For automated rotation, consider integrating with HashiCorp Vault or a cloud secrets manager (AWS Secrets Manager, GCP Secret Manager, Azure Key Vault) using the External Secrets Operator.

Phase 7 Verification#

# Verify etcd encryption (self-managed only)
# Read a secret directly from etcd -- it should be encrypted
ETCDCTL_API=3 etcdctl get /registry/secrets/app-production/db-credentials \
  --endpoints=https://127.0.0.1:2379 \
  --cacert=/etc/kubernetes/pki/etcd/ca.crt \
  --cert=/etc/kubernetes/pki/etcd/server.crt \
  --key=/etc/kubernetes/pki/etcd/server.key | hexdump -C | head
# Should show encrypted bytes, not plaintext

# Check cert expiry
kubeadm certs check-expiration 2>/dev/null || echo "Managed cluster -- check via cloud console"
# All certs > 90 days from expiry

Rollback: etcd encryption cannot be trivially reversed. To decrypt, change the encryption config to put identity first, then re-encrypt all secrets.

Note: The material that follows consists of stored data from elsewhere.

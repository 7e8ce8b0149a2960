-- ===== src/Tests/Samples.antt =====
-- A small shop: a seller, a product, an order that awaits payment and one that is delivered, a
-- plan and a coupon.
use campusassistant_api.Base.{◌/◌, negsuc, ℤ, pos, true, false, none, some, [], ◌∷◌}
use campusassistant_api.Domain.{
  GrantScope, Float64, OrderStatus, PaymentMethod, OrderItem, Order, Merchant, MerchantStatus,
  BkashStatus, OrderTransaction, Store, SubscriptionPlan, BkashTransaction, CouponCode,
  DiscountType, Account, Kind, SourceType, Memo, Journal,
}
use campusassistant_api.Gateway.{Gateway, ExecuteResult, Reply, Session}

-- A tenth, rounded down, whatever the rate.
abbrev pub tenth : ℤ → Float64 → ℤ
tenth gross rate = elim gross [ pos n ↦ pos (n / 10) | negsuc n ↦ pos 0 ]

abbrev pub book : OrderItem
book = record {
  product_id = 1;
  product_title = "Book";
  merchant_id = 10;
  quantity = pos 2;
  unit_price = pos 300;
  commission_rate_snapshot = 0;
}

abbrev pub order_in : OrderStatus → Order
order_in status = record {
  created_at = 100;
  buyer_id = 7;
  shipping_recipient_name = "Rafi";
  shipping_phone = "01700000000";
  shipping_address_line = "12 Hall Road";
  shipping_city = "Dhaka";
  delivery_charge = pos 60;
  total_amount = pos 660;
  status = status;
  payment_method = PaymentMethod.bkash;
  items = book ∷ [];
}

abbrev pub seller : Merchant
seller = record {
  created_at = 1;
  user_id = 8;
  commission_rate = 0;
  status = MerchantStatus.approved;
  is_platform = false;
  payout_method = "bkash";
  payout_account = "017";
  city = "Dhaka";
  delivery_charge_inside = pos 60;
  delivery_charge_outside = pos 120;
  approved_at = some 2;
}

abbrev pub monthly : SubscriptionPlan
monthly = record { title = "Monthly"; price = pos 200; duration_days = 30; is_lifetime = false }

abbrev pub half_off : CouponCode
half_off = record {
  code = "HALF";
  discount_type = DiscountType.percentage;
  discount_value = pos 50;
  max_uses = pos 2;
  used_count = pos 1;
  plan_id = none;
  min_amount = pos 0;
  expires_at = none;
  is_active = true;
}

abbrev pub order_tx : OrderTransaction
order_tx = record {
  created_at = 110;
  order_id = 20;
  payment_id = "pay-1";
  trx_id = "";
  amount = pos 660;
  status = BkashStatus.initiated;
  raw_response = "";
}

abbrev pub bkash_tx : BkashTransaction
bkash_tx = record {
  created_at = 110;
  user_id = 7;
  plan_id = 40;
  payment_id = "sub-1";
  trx_id = "";
  amount = pos 200;
  original_amount = pos 200;
  coupon_code_id = none;
  coupon_reserved = false;
  subscription_id = none;
  status = BkashStatus.initiated;
  raw_response = "";
}

abbrev pub payment_journal : Journal
payment_journal = record {
  kind = Kind.order_payment;
  source_type = SourceType.order;
  source_id = 21;
  memo = Memo.text "Order payment";
  entries =
      record { account = Account.gateway_bkash; debit = pos 660; credit = pos 0 }
      ∷ record { account = Account.orders_escrow; debit = pos 0; credit = pos 660 }
      ∷ [];
}

-- Order 20 awaits payment, and order 21 is paid and delivered but not booked.
abbrev pub shop : Store
shop = record {
  products =
      (
        1,
        record {
          merchant_id = 10;
          title = "Book";
          price = pos 300;
          stock = pos 5;
          is_published = true;
          is_deleted = false;
        },
      )
      ∷ [];
  orders = (20, order_in OrderStatus.pending_payment) ∷ (21, order_in OrderStatus.delivered) ∷ [];
  events = [];
  order_txs = (30, order_tx) ∷ [];
  merchants = (10, seller) ∷ [];
  journals = payment_journal ∷ [];
  invoices = [];
  invoice_counters = [];
  payouts = [];
  refunds = [];
  users =
      (
        7,
        record {
          created_at = 1;
          university_id = none;
          department_id = none;
          is_pro = false;
          pro_expiry = none;
        },
      )
      ∷ [];
  plans = (40, monthly) ∷ [];
  subscriptions = [];
  bkash_txs = (50, bkash_tx) ∷ [];
  coupons = (60, half_off) ∷ [];
  plan_entitlements =
      record { plan_id = 40; feature = "notes"; limit = pos 3; period = "daily" } ∷ [];
  usage_counters = [];
  access_grants =
      record {
        label = "Launch";
        scope_type = GrantScope.all;
        scope_id = none;
        ad_free = true;
        coin_free = false;
        starts_at = 10;
        ends_at = some 5000;
        new_user_days = pos 0;
      }
      ∷ [];
  students = [];
  commission_policies = [];
  moderators = [];
  addresses =
      (
        90,
        record {
          user_id = 7;
          recipient_name = "Rafi";
          phone = "01700000000";
          address_line = "12 Hall Road";
          city = "Dhaka";
        },
      )
      ∷ [];
  outbox = [];
  next_id = 100;
  now = 1000;
  year = 2026;
}

-- bKash confirms every payment and reports no amount.
abbrev pub confirmed : ExecuteResult
confirmed = record { transaction_status = "Completed"; trx_id = "T1"; amount = ""; raw = "{}" }

abbrev pub bkash : Gateway
bkash = record {
  create_payment = λ n. Session.opened "pay-2";
  execute_payment = λ p. Reply.answered confirmed;
  query_payment = λ p. Reply.answered confirmed;
  parse_amount = λ t. none;
}
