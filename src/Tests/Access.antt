-- ===== src/Tests/Access.antt =====
-- Entitlements, access grants, permissions, fees and the checkout in the sample shop.
use Prim.Native.String.{String}
use text.Mathlib.Text.{◌==◌ as str_eq}
use campusassistant_api.Base.{
  ℕ, ℤ, pos, arith, ◌≡◌, ◌↔◌, ◌⊎◌, inr, refl, true, false, Bool, none, some, List, [], ◌∷◌,
}
use campusassistant_api.Base.Table.{lookup}
use campusassistant_api.Base.Word.{wrap, bits_of, signed}
use campusassistant_api.Base.Int.{◌+ℤ◌, ◌-ℤ◌}
use campusassistant_api.Domain.{
  OrderStatus, UserSubscription, GrantReason, PlanEntitlement, FeatureAccess, CommissionPolicy,
  ModeratorScope, PaymentMethod, Order, Merchant, Store, ok, err, forbidden, invalid_policy,
}
use campusassistant_api.Perks.{
  UserScope, load_user_scope, grants_of, resolve_grant_perks, merge_each, grant_until, merge,
  scope_of,
}
use campusassistant_api.Subscription.{newest}
use campusassistant_api.Perks.Latest.{IsLatest, ends_of, resolve_grant_perks-IsLatest}
use campusassistant_api.Entitlement.{
  active_plan, put, put_each, with_perks, resolve, check, consume,
}
use campusassistant_api.Entitlement.Counters.{UniqueCounters}
use campusassistant_api.Entitlement.Consuming.{Covers, consume_iff}
use campusassistant_api.Entitlement.Remaining.{IsLess, check-consume}
use campusassistant_api.Entitlement.Gate.{Gate, require_entitlement, require_entitlement_iff}
use campusassistant_api.Authz.{Target, Actor}
use campusassistant_api.Commission.{policy, set_policy, describe, effective_rate}
use campusassistant_api.Commission.Fee.{HasPromo, effective_rate_lem, IsPolicy, policy-set_policy}
use campusassistant_api.Checkout.{CheckoutRequest, add_each, checkout}
use campusassistant_api.Checkout.Placed.{IsOrderOf, checkout-IsOrderOf, checkout_refused}
use campusassistant_api.Order.{can_transition, place_order, take_each, take_stock}
use campusassistant_api.Tests.Samples.{shop, seller, tenth, order_in}
use campusassistant_api.Seller.{merchant_update_order_status}
use campusassistant_api.Seller.Fulfilling.{MayFulfil, merchant_update_order_status-MayFulfil}

abbrev running : UserSubscription
running = record {
  created_at = 10;
  user_id = 7;
  plan_id = 40;
  plan = "Monthly";
  price = pos 200;
  start_date = 10;
  granted_by = none;
  grant_reason = GrantReason.payment;
  note = "";
  end_date = some 9000;
  grace_ends_at = some 9000;
  refunded_at = none;
}

-- User 7 is Pro on plan 40, and moderates department 5.
abbrev pro_shop : Store
pro_shop = record shop {
  users =
      (
        7,
        record {
          created_at = 1;
          university_id = none;
          department_id = none;
          is_pro = true;
          pro_expiry = some 9000;
        },
      )
      ∷ [];
  subscriptions = (80, running) ∷ [];
  commission_policies = record { promo_active = true; promo_rate = 0; promo_days = pos 60 } ∷ [];
  moderators =
      record {
        user_id = 7;
        scope_type = ModeratorScope.department;
        scope_id = 5;
        term_start = none;
        term_end = some 5000;
        is_active = true;
      }
      ∷ [];
}

-- Every time is in the first month.
abbrev first_month : ℕ → ℕ
first_month t = 0

abbrev three_notes : FeatureAccess
three_notes = record {
  allowed = true;
  limit = pos 3;
  period = "daily";
  used = pos 0;
  remaining = pos 3;
}

no_counters : UniqueCounters pro_shop
no_counters user_id f key = tt

checked_notes : (check first_month 7 "notes" pro_shop).0 ≡ ok three_notes
unfolding check resolve active_plan resolve_grant_perks load_user_scope with_perks merge_each
    grants_of grant_until merge put put_each newest ◌-ℤ◌
checked_notes = refl

resolve_grant_perks-IsLatest_example :
    let sc : UserScope = record {
      created_at = 1;
      university_id = none;
      department_id = none;
      batch_id = none;
    } in
    IsLatest (ends_of (λ g. g.ad_free) 1 1000 (grants_of 7 sc shop)) (true, some 5000)
    × IsLatest (ends_of (λ g. g.coin_free) 1 1000 (grants_of 7 sc shop)) (false, none)
unfolding resolve_grant_perks load_user_scope merge_each scope_of grants_of grant_until merge
resolve_grant_perks-IsLatest_example =
    resolve_grant_perks-IsLatest 7
      (record { created_at = 1; university_id = none; department_id = none; batch_id = none })
      (record {
        ad_free = true;
        ad_free_until = some 5000;
        coin_free = false;
        coin_free_until = none;
        label = "Launch";
      })
      shop refl refl

consume_iff_example :
    ((consume first_month 7 "notes" (pos 2) pro_shop).0 ≡ ok tt) ↔ Covers three_notes (pos 2)
consume_iff_example =
    consume_iff first_month 7 "notes" (pos 2) pro_shop checked_notes (omega arith) no_counters

consumed : (consume first_month 7 "notes" (pos 2) pro_shop).0 ≡ ok tt
consumed = consume_iff_example.1 (refl, inr (omega arith))

check-consume_example :
    let t = (consume first_month 7 "notes" (pos 2) pro_shop).1 in
    ((b : FeatureAccess) × ((check first_month 7 "notes" t).0 ≡ ok b)
      × IsLess (pos 2) three_notes b)
    × UniqueCounters t
check-consume_example =
    check-consume first_month 7 "notes" (pos 2) pro_shop checked_notes (omega arith) no_counters
      consumed (λ h. cc)

require_entitlement_iff_example :
    (require_entitlement first_month (some 7) "notes" pro_shop ≡ Gate.next)
    ↔ ((consume first_month 7 "notes" (pos 1) pro_shop).0 ≡ ok tt)
require_entitlement_iff_example =
    require_entitlement_iff first_month 7 "notes" pro_shop checked_notes no_counters

abbrev paid_shop : Store
paid_shop = record shop { orders = (20, order_in OrderStatus.paid) ∷ [] }

abbrev two_items : List PlanEntitlement
two_items =
    record { plan_id = 0; feature = "notes"; limit = pos 5; period = "" }
    ∷ record { plan_id = 0; feature = "chat"; limit = pos 0; period = "daily" }
    ∷ []

abbrev user_7 : Actor
user_7 = record { user_id = 7; is_admin = false }

abbrev batch_12 : Target
batch_12 = record { university_id = 3; department_id = 5; batch_id = 12 }

abbrev whole_days : ℤ → ℤ
whole_days n = n

abbrev promo : CommissionPolicy
promo = record { promo_active = true; promo_rate = 0; promo_days = pos 60 }

-- A fee of 2.0, in a shop whose policy is a fee of nothing for sixty days.
abbrev seller_at_two : Merchant
seller_at_two = record seller { commission_rate = 4_611_686_018_427_387_904 }

effective_rate_lem_example :
    ((p : CommissionPolicy) × HasPromo seller_at_two p pro_shop
      × (effective_rate whole_days seller_at_two pro_shop ≡ (ok p.promo_rate, pro_shop)))
    ⊎ (((p : CommissionPolicy) → HasPromo seller_at_two p pro_shop → ⊥)
        × (effective_rate whole_days seller_at_two pro_shop
            ≡ (ok 4_611_686_018_427_387_904, pro_shop)))
effective_rate_lem_example = effective_rate_lem whole_days seller_at_two pro_shop

policy-set_policy_example :
    let (r, t) = set_policy true 0 (pos 60) shop in
    (IsPolicy 0 (pos 60) × (r ≡ ok promo) × (policy t ≡ (ok promo, t)))
    ⊎ ((IsPolicy 0 (pos 60) → ⊥) × (r ≡ err invalid_policy) × (t ≡ shop))
policy-set_policy_example = policy-set_policy true 0 (pos 60) shop

abbrev same_text : String → String → Bool
same_text a b = str_eq a b

abbrev always : CheckoutRequest → Bool
always req = true

abbrev two_books : CheckoutRequest
two_books = record {
  address_id = 90;
  items =
      record { product_id = 1; quantity = pos 1 }
      ∷ record { product_id = 1; quantity = pos 2 }
      ∷ [];
  payment_method = PaymentMethod.bkash;
}

checkout-IsOrderOf_example :
    (o : Order) × (lookup 100 (checkout same_text whole_days always 7 two_books shop).1.orders
      ≡ some o)
    × IsOrderOf same_text whole_days 7 two_books shop o
unfolding checkout add_each effective_rate describe policy place_order take_each take_stock ◌-ℤ◌
    ◌+ℤ◌ wrap bits_of signed
checkout-IsOrderOf_example =
    checkout-IsOrderOf same_text whole_days always 7 two_books shop refl refl

checkout_refused_example :
    checkout same_text whole_days always 8 two_books shop ≡ (err forbidden, shop)
unfolding checkout
checkout_refused_example = checkout_refused same_text whole_days always 8 two_books shop refl

merchant_update_order_status-MayFulfil_example :
    let t = (merchant_update_order_status tenth 8 10 20 OrderStatus.shipped paid_shop).1 in
    (lookup 20 t.orders ≡ some (order_in OrderStatus.paid))
    ⊎ ((◌≡◌ {A = ℕ} 20 20)
        × (can_transition OrderStatus.paid OrderStatus.shipped ≡ true)
        × (lookup 20 t.orders ≡ some (order_in OrderStatus.shipped))
        × MayFulfil 8 10 OrderStatus.shipped paid_shop (order_in OrderStatus.paid))
merchant_update_order_status-MayFulfil_example =
    merchant_update_order_status-MayFulfil tenth 8 10 20 OrderStatus.shipped paid_shop 20
      (order_in OrderStatus.paid) refl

Certificate rotation: use kubeadm certs renew all on self-managed clusters.


Hardening Summary#

Phase Critical Outcome Verification Command
Assessment Risk baseline documented kube-bench, trivy scan results
RBAC No unnecessary cluster-admin kubectl auth can-i tests
Pod Security Privileged pods blocked Deploy privileged pod (rejected)
Network Default deny enforced, DNS works Connectivity tests
Images Untrusted registries blocked Deploy from Docker Hub (rejected)
Audit Security events logged and alerted Exec into pod, check logs
Data Secrets encrypted, certs valid etcd read shows encrypted data

After completing all phases, re-run the CIS benchmark scan from Phase 1 to measure improvement. Target: zero FAIL results for items within your control (some items on managed clusters are the provider’s responsibility).